LCD Executive Committee Loses Control of its Party Newspaper
Sekhobe Letsie Released from Gaol
Deputy Prime Minister and Foreign Minister Trade Insults; DPM Later Resigns
Prime Minister Sends Message of Sympathy to US President
Police Dismissed for Serious Offences
New Toll Gates Installed at Three Border Posts
Lesotho to Acquire Second Cellphone Network
NUL Students Mount Blockade at Campus Gate
University Graduation

British Council Closes in Maseru

The British Council, which first began its services in Maseru in 1964, finally closed the doors of its office on 29 June 2001, part of an economy drive which had resulted in its terminating its services in 30 different countries worldwide. The British Council Library had already closed on 30 March. According to British Council News of April - May 2001, the British Council Library will also close in Swaziland in mid-October and the office in mid-December. The British Council will, however, maintain a presence in Botswana.
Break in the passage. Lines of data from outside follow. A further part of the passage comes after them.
-- ===== src/Lib.antt =====
-- ZInfoTech: the containers, the memory, the tasks and the sessions of a C library for servers.
--
-- The library keeps values in chunk queues (zit/container/queue.h) and linked lists
-- (zit/container/list.h), looks them up in red-black trees (zit/container/rbtree.h and
-- src/rbtree.c), recycles fixed blocks through an allocator that stands on two queues
-- (zit/memory/alloc.h, src/memory.c), keeps buffers of other sizes in pools that stand on the tree
-- (zit/memory/mem_pool.h), and runs a task server above them (src/task.c). An epoll server (src/epoll.c) brings its sessions to
-- workers and sends what they write; files are read, written and walked by src/filesys.c. Times are written,
-- read and subtracted by src/time.c.
--
-- Base: the error numbers of zit/base/error.h, 32-bit counters that wrap, Boolean tests, a type of
--   integers for the signed positions of the queue, and lists measured by native numbers.
--
-- Queue: zit/container/queue.h. The fields of zqueue_t are those of the record Queue; the chunks
--   from begin_chunk along next are a list. push, push_front, pop, pop_back, front, back, create and
--   size_of are zqueue_push and so on; an access outside a chunk or through NULL is none. What the
--   memory allocator returns is an argument: a fresh address, or none for NULL.
--   Queue/Slots, Items, Steps: the values that a queue holds, in order, and the parts of the calls.
--   Queue/Refine, Front, Back: each call against the list of values. Queue/Deque: sequences of calls.
--   Queue/Created: the queue that zqueue_create makes.
--   zqueue_push_front has no return behind its copy: what it answers there is an argument.
--   Queue/Locked: the variants with a spin lock (zqueue_lock_push and so on), on a queue with its
--   lock. A locked pop answers a pointer, with its chunk as it is at the unlock. Queue/Threads: these against the calls without a lock.
--   Queue/Foreach: zqueue_foreach.
--
-- Rbtree: zit/container/rbtree.h and src/rbtree.c. A pointer to a node is a subtree and the way up
--   from it, which has in it what the code reads through n->parent, sibling and uncle. rotate_left,
--   insert_case1 to insert_case5, insert, find and verify are the functions of those names;
--   a failed assertion or an access through NULL is none. The comparison is a parameter, by the sign
--   of what it returns; an entry has the nodes of equal keys behind next.
--   Rbtree/Delete: delete_case1 to delete_case6, replace_node, erase and pop_front.
--   Rbtree/Erasex: erasex. Rbtree/Findx: findx and operate.
--   Rbtree/Shape: red-black trees, ways, contents. Rbtree/Insert: the cases of an insertion.
--   Rbtree/Nephews, Deletion, Unlink: the cases of a deletion, and the removal of a node.
--   Rbtree/Sorted, Keyed, Hangs, Erase, Pop, Find: each call against a list in order.
--   Rbtree/Ordered, Map: sequences of calls. Rbtree/Verify: the check of the properties.
--
-- Task: src/task.c and zit/framework/task.h. Threads that post tasks and threads that work missions
--   off are interleaved move by move; a move is one access to shared memory or a region under one
--   lock. A pop of the ready queue and the read of
--   the place that it gives are two moves. The field strayed is true once a place was read after it
--   had been written again or freed, or an allocation failed: the lists do not stand for the queues from then
--   on. Task/Invariant, Kept, Safety: what holds in every state they reach before that.
--   Task/Post: ztsk_svr_post, ztsk_svr_subscribe and ztsk_svr_unsubscribe on the tree of subscribers,
--   for a task that is cloned by reference (zobj_ref_clone and zobj_ref_release of src/memory.c).
--   Keys are compared as int32_t; what their difference is where it does not fit is an argument.
--   Task/Delivery, Subscribe: who gets a task, and which subscription is removed.
--
-- Dlist: zit/container/list.h. A node is its address and a store has the two links of each; push,
--   push_front, pop, pop_back, front, back, size_of and foreach are zlist_push and so on, and an
--   access through NULL is none. Dlist/Links: which nodes are linked, and in which order.
--   Dlist/Refine, Pop: each call against the list of nodes. Dlist/Foreach: the loop over the nodes.
--   Dlist/Locked: the variants with a spin lock, and sequences of their calls.
--
-- Alloc: zit/memory/alloc.h and zalloc_create of src/memory.c. A block is its chunk's address and an
--   offset; the recycled blocks are in a chunk queue of Queue with a lock for each end.
--   Alloc/Valid: an allocator in order, and who has which block. Alloc/Carve, Pop, Push: zalloc_pop
--   and zalloc_push. Alloc/Created: zalloc_create. Alloc/Uses: whatever users do with their blocks; the field starved
--   is true once a block was given back without memory for the recycle queue.
--
-- Objects: the object pool of src/memory.c on fixed blocks, over Alloc. An object has the fields of
--   zobj_t that the pool uses, and a body; the functions behind clone and release are a mode. pool_pop
--   is zobj_pool_pop, and clone and release call zobj_ref_clone, zobj_mem_clone and so on.
--   Objects/Content: what the allocator does to what lies in blocks. Objects/Lives, Calls: one call of
--   a user who has references. Objects/Runs: sequences of calls, as uses of the allocator.
--
-- Mempool: power_of2 of zit/memory/mem_pool.h. Mempool/Bits: the highest bit of a number, and the
--   lowest cleared. Mempool/Power: which buffer a size gets.
--
-- Time: src/time.c and zit/base/time.h. Texts are lists of codes; sprintf, strstr and atoi are
--   modelled for what the code asks of them, mktime and localtime are arguments.
--   Time/Decimal: numbers printed and read. Time/Text: times. Time/Interval: ztock.
--
-- Net: src/socket.c and src/epoll.c. What the kernel answers to send is a list of answers; a buffer
--   is the memory from its address on, and the bytes that the kernel took are recorded in order.
--   zsend, and sendn for zemq_sendn. Net/Send: zsend against the bytes of the buffer.
--   Net/Buffered: zemq_send, get_buf and push_buf on a session; Whole, Copies, Stream, Calls: calls
--   while the kernel takes all or nothing; Loss: when it takes a part.
--   Net/Packet: zrecv_packet, with find_mark for its searches; Net/Packet/Parts: whole packets and
--   parts of them.
--   Net/Sessions: the epoll thread in zepoll_in and the workers in zproc_worker, move by move as in
--   Task. Net/Sessions/Kept, Safety: what holds in every state they reach, while no session is
--   closed, before the field strayed is true: once a place was read after it had been written
--   again or freed, a push failed, or zepoll_out was called.
--
-- Files: src/filesys.c. A directory tree is what zfstat, opendir and readdir find at each path; the
--   callback is a function of path, flag and state. zftw and walk keep the path as the buffer fullpath
--   has it; a path that does not fit is none. Files/Visits: the list of what a walk is to visit.
--   Files/Paths: the path in its buffer. Files/Walk: zftw against that list. Files/Listing: zftw_nr,
--   with list_entries for its loop. Files/Io: zfreadx and zfwrite, with an answer for each call of read
--   or write; Files/Io/Complete: what they transfer.
--
-- Trace: zdump_bin and zdump_mix of src/trace.c; dump is the loop of both. Trace/Bounds: how much of
--   the buffer they touch.
--
-- Fuel: delete_case1 has one call for each ancestor, and unlink gives it one more than the way is
--   long. The loop over a linked list has more fuel than the list has nodes, those over a queue
--   more than a chunk has slots, and that of power_of2 more than the doubled size; find_mark has a
--   round for each byte. The loops that call the kernel go on as long as there are answers. All other
--   recursion is on a tree or on a list. Bounds: a queue and a linked list hold fewer than 2^31
--   values, the product of chunk size and value size is the chunk's length, as in create, and the
--   chunks of an allocator are below 2^31 bytes. Fewer than 2^32 reports come to a session while a
--   worker is at it.
--
-- Not modelled: zqueue_back_pos, zqueue_swap and zqueue_destroy; zrbtree_foreach,
--   zrbtree_create and zrbtree_destroy; zlist_create and zlist_destroy; zalloc_destroy; the pool of
--   buffers, and objects that lie in it; creating and destroying of task servers and missions, and
--   tasks cloned by copy; sleeping, and the Windows branches of src/time.c. Left out as input,
--   output or calls of the operating system: traces, printing, single calls of sockets, epoll
--   and files, threads, processes. src/modp_b64 is a copy of another project's library.
pub mod Alloc
pub mod Base
pub mod Dlist
pub mod Files
pub mod Mempool
pub mod Net
pub mod Objects
pub mod Queue
pub mod Rbtree
pub mod Task
pub mod Time
pub mod Trace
When the last Director of the British Council, Paul Feeney, formally handed over the keys to the British Council Building to the Minister of Education, Mr Lesao Lehohla, the stock of library books had already been dispersed, medical books to the Lesotho Medical Association, and law books to the High Court Library. The UNESCO, Parliamentary and National Libraries also benefited. The video and film collection had been donated to Alliance Française in Maseru, and indeed after the closure of the United States Information Service followed by the British Council, the Alliance Française is the sole surviving foreign national cultural facility in Maseru.

The Ministry of Education acquired the collection of educational books as well as the office furniture and equipment in the British Council building. Part of the premises will be used by the Lesotho National Commission for UNESCO, which for the past three years has been housed in the hundred year old sandstone house, Hillside, originally built by the trader George Hobson.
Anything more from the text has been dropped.